Human cutaneous anthrax, Georgia 2010-2012.
Anthrax is nationally reportable in Georgia. We analyzed passive surveillance data on HCA cases reported to the National Center for Disease Control and Public Health (Tbilisi, Georgia) during 2010-2012. Case investigation forms included patients' community of residence, age, and sex. Self-reported source of infection was ascertained from categorical responses that included butchering/ slaughtering cattle, handling/preparing meat, performing field work/harvesting crops, processing hair/wool, receiving an insect bite, unknown, or other. We also obtained information about regional-level anthrax cases in livstock (www.oie.int/wahis_2/public/wahid.php/disease information/statusdetail). HCA cases and incidence per million persons were plotted over time with livestock cases. To estimate changes in HCA risk over time, we compared data for the study period with data for 2007-2009 by using a cumulative incidence ratio (total cases/ median year population). We calculated incidence risk ratios for demographic characteristics by using a negative binomial regression (online Technical Appendix, wwwnc. cdc.gov/eid/article/20/2/pdfs/13-0522-Techapp1.pdf).
Data were anonymized and aggregated to each case-patient's community of residence and mapped in a geographic information system. We extrapolated current population from the 2002 census using the United Nations medium variant population growth projections (http://data. un.org/). Cumulative incidences per 10,000 population were calculated for each community (total cases/median year population). National and community population data were obtained from GeoStat (http://geostat.ge).
We adjusted for community population heterogeneity using Empirical Bayes smoothing estimates of the cumulative incidence (online Technical Appendix). Kernel density estimation was used to map the cumulative incidence risk/ [km.sup.2] (online Technical Appendix). To identify community-level HCA spatial clustering, we used the Poisson model in SaTScan (7) with a maximum cluster size of 25% of the population at risk. We compared the proportion of urban and rural communities inside and outside clusters using a [chi square] analysis (PROC FREQ, SAS Institute, Cary, NC, USA).
During 2010-2012, a total of 251 HCA cases and 74 livestock cases (38 cattle, 1 pig, 4 sheep/goats, 1 horse) were reported (Figure 1). HCA cases peaked in 2012 (142 cases), corresponding to a national incidence of 31.7 per million population (95% CI 28.4-36.1). Compared with 2007-2009 (133 cases), the period studied had a higher risk for HCA (cumulative incidence ratio 1.89 [95% CI 1.64-2.33], p < 0.01).

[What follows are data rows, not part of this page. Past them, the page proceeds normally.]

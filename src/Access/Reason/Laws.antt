-- ===== src/Access/Reason/Laws.antt =====
-- phira-mp-plus-server/src/ban.rs: the form that `normalize_reason` gives to a reason.
use phira_mp_plus.Common.{
  [], ◌∷◌, ◌++◌, Bool, true, false, ◌||◌, ◌≡◌, refl, arith, append-nil, append_assoc,
}
use phira_mp_plus.Common.Tests.{if-both}
use phira_mp_plus.Wire.Text.{Text}
use phira_mp_plus.Access.Reason.{
  Chars, default_ban_reason, is_empty, trim_start, trim_end, trim, separated, without_controls,
  normalize_reason,
}

module _ (chars : Chars) where
  unfoldable pub has_control : Text → Bool
  has_control [] = false
  has_control (c ∷ cs) = chars.is_control c || has_control cs

  -- The documented behaviour of the tests of characters: a space is no control character, and the default
  -- reason has neither control characters nor spaces at its ends.
  pub record AreChars : Type 0 where
    pub space_plain : chars.is_control b' ' ≡ false
    pub default_plain : has_control default_ban_reason ≡ false
    pub default_start : chars.is_whitespace 0x8fdd ≡ false
    pub default_end : chars.is_whitespace 0x5219 ≡ false

  -- The form of a reason.
  pub record IsNormal (t : Text) : Type 0 where
    pub plain : has_control t ≡ false
    pub trimmed : trim chars t ≡ t
    pub not_empty : is_empty t ≡ false

  trim_end_twice : (t : Text) → trim_end chars (trim_end chars t) ≡ trim_end chars t
  unfolding trim_end
  trim_end_twice [] = refl
  trim_end_twice (c ∷ cs) = ground (arith, trim_end_twice cs)

  trim_start-trim : (t : Text) → trim_start chars (trim chars t) ≡ trim chars t
  unfolding trim_start trim_end
  trim_start-trim [] = refl
  trim_start-trim (c ∷ cs) = ground (arith, trim_start-trim cs)

  trim_twice : (t : Text) → trim chars (trim chars t) ≡ trim chars t
  trim_twice t = rw (trim_start-trim t) (trim_end_twice (trim_start chars t))

  has_control-append : (s t : Text) → has_control (s ++ t) ≡ (has_control s || has_control t)
  unfolding has_control
  has_control-append [] t = refl
  has_control-append (c ∷ s) t = ground (arith, has_control-append s t)

  has_control-trim_start :
      (t : Text) → has_control t ≡ false → has_control (trim_start chars t) ≡ false
  unfolding has_control trim_start
  has_control-trim_start [] h = refl
  has_control-trim_start (c ∷ cs) h = ground (arith, has_control-trim_start cs)

  has_control-trim_end : (t : Text) → has_control t ≡ false → has_control (trim_end chars t) ≡ false
  unfolding has_control trim_end
  has_control-trim_end [] h = refl
  has_control-trim_end (c ∷ cs) h = ground (arith, has_control-trim_end cs)

  has_control-separated :
      (acc : Text) (pending : Bool)
      → AreChars
      → has_control acc ≡ false
      → has_control (separated chars acc pending) ≡ false
  unfolding has_control separated
  has_control-separated acc pending a h =
      ground (arith, a.space_plain, has_control-append acc (b' ' ∷ []))

  has_control-without_controls :
      (acc : Text) (pending : Bool) (t : Text)
      → AreChars
      → has_control acc ≡ false
      → has_control (without_controls chars acc pending t) ≡ false
  unfolding has_control without_controls
  has_control-without_controls acc pending [] a h = h
  has_control-without_controls acc pending (c ∷ cs) a h = ground (
    arith,
    has_control-without_controls acc true cs a,
    has_control-without_controls (separated chars acc pending ++ c ∷ []) false cs a,
    has_control-append (separated chars acc pending) (c ∷ []),
    has_control-separated acc pending a h,
  )

  without_controls-plain :
      (acc t : Text) → has_control t ≡ false → without_controls chars acc false t ≡ acc ++ t
  unfolding has_control without_controls separated
  without_controls-plain acc [] h = ground (arith, append-nil acc)
  without_controls-plain acc (c ∷ cs) h =
      ground (arith, without_controls-plain (acc ++ c ∷ []) cs, append_assoc acc (c ∷ []) cs)

  default-IsNormal : AreChars → IsNormal default_ban_reason
  unfolding trim_start trim_end
  default-IsNormal a = record {
    plain = a.default_plain;
    trimmed = ground (arith, a.default_start, a.default_end);
    not_empty = refl;
  }

  -- With tests of characters that call no space a control character and find the default reason in
  -- order, every normalized reason has no control characters and no spaces at its ends, and is not
  -- empty.
  pub normalize_reason-IsNormal :
      (reason : Text) → AreChars → IsNormal (normalize_reason chars reason)
  unfolding normalize_reason has_control
  normalize_reason-IsNormal reason a =
      let inner = without_controls chars [] false (trim chars reason) in
      let plain = has_control-without_controls [] false (trim chars reason) a refl in
      if-both IsNormal (λ h. default-IsNormal a)
        (λ h. record {
          plain =
              has_control-trim_end (trim_start chars inner) (has_control-trim_start inner plain);
          trimmed = trim_twice inner;
          not_empty = h;
        })

  -- What has the form of a reason is its own reason.
  pub normalize_reason-normal : (t : Text) → IsNormal t → normalize_reason chars t ≡ t
  unfolding normalize_reason
  normalize_reason-normal t n =
      ground (arith, n.trimmed, n.not_empty, without_controls-plain [] t n.plain)

  pub normalize_reason_twice :
      (reason : Text)
      → AreChars
      → normalize_reason chars (normalize_reason chars reason) ≡ normalize_reason chars reason
  normalize_reason_twice reason a =
      normalize_reason-normal (normalize_reason chars reason) (normalize_reason-IsNormal reason a)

Cases occurred predominantly in males (209 [84%]) (Table 1). Butchering/slaughtering cattle as a source of infection was more common among male patients (143 [68%]); processing/handling meat was more common among female patients (28 [68%]). Case-patients' median age was 43 years [range 5-79]. The adjusted incidence risk ratios from the negative binomial model showed a stronger association of risk in males (4.95 [95% CI 2.91-8.42]) than in females (Table 2). Persons 50-64 years of age were at greater risk than were persons in all other age groups. Risk did not differ between case-patients who processed/ handled meat and those who slaughtered/butchered cattle.
Empirical Bayes smoothed incidence per 10,000 population ranged from 0.11 (95% CI 0.03-0.37) to 213.8 (95% CI 72.8-552.6) (Figure 2, panel A). The kernel density analysis identified a higher risk per squared kilometer in the southeast and west (Figure 2, panel B). We identified 3 spatial clusters of high risk; the clusters comprised 58 communities with 197 cases (Figure 2, panel C). Cumulative incidence inside the clusters was 12.8/10,000 population compared with 0.96/10,000 population outside the clusters. The proportion (x2 = 0.65, p = 0.4) of urban and rural communities (22 and 36, respectively) within clusters did not differ from the proportion outside clusters (urban: 14; rural: 24). Clusters 1 and 2 in the southeast bordered the densely populated urban area of the capital (Tbilisi) and were associated with grazing lands, whereas cluster 3 bordered the urban area of Poti in the west and was associated with a higher percentage of croplands.
Despite an apparent decline in HCA cases worldwide (8), incidence in Georgia has increased and is now comparable with that in Turkey, where the disease is hyperendemic (1,9,10). Our analysis identified clusters of communities that were of historical importance for HCA risk and new communities that represent areas of (re)emergence (6).
Our findings indicate that HCA cases were concentrated within specific areas associated with agriculture and in close proximity to urban centers (Figure 2), consistent with research linking urban livestock trading centers and markets to outbreaks and higher rates of HCA (5,9-11). Sick and dying animals are often slaughtered and brought to market quickly to mitigate economic losses, thereby exacerbating exposure risk while limiting livestock reporting (10,11). HCA is primarily associated with rural, agrarian areas (2,3,12), but we found no difference in the proportion of urban and rural communities in high-risk clusters. This association with urban zones suggests reliance on these areas for commerce, coupled with increased agricultural employment from 25% of the population in 1990 to [approximately equal to] 55% in 2010 (5,13). One hypothesis is that contaminated meat is brought into urban areas and sold at informal meat markets that because of fiscal constraints have little to no regulation.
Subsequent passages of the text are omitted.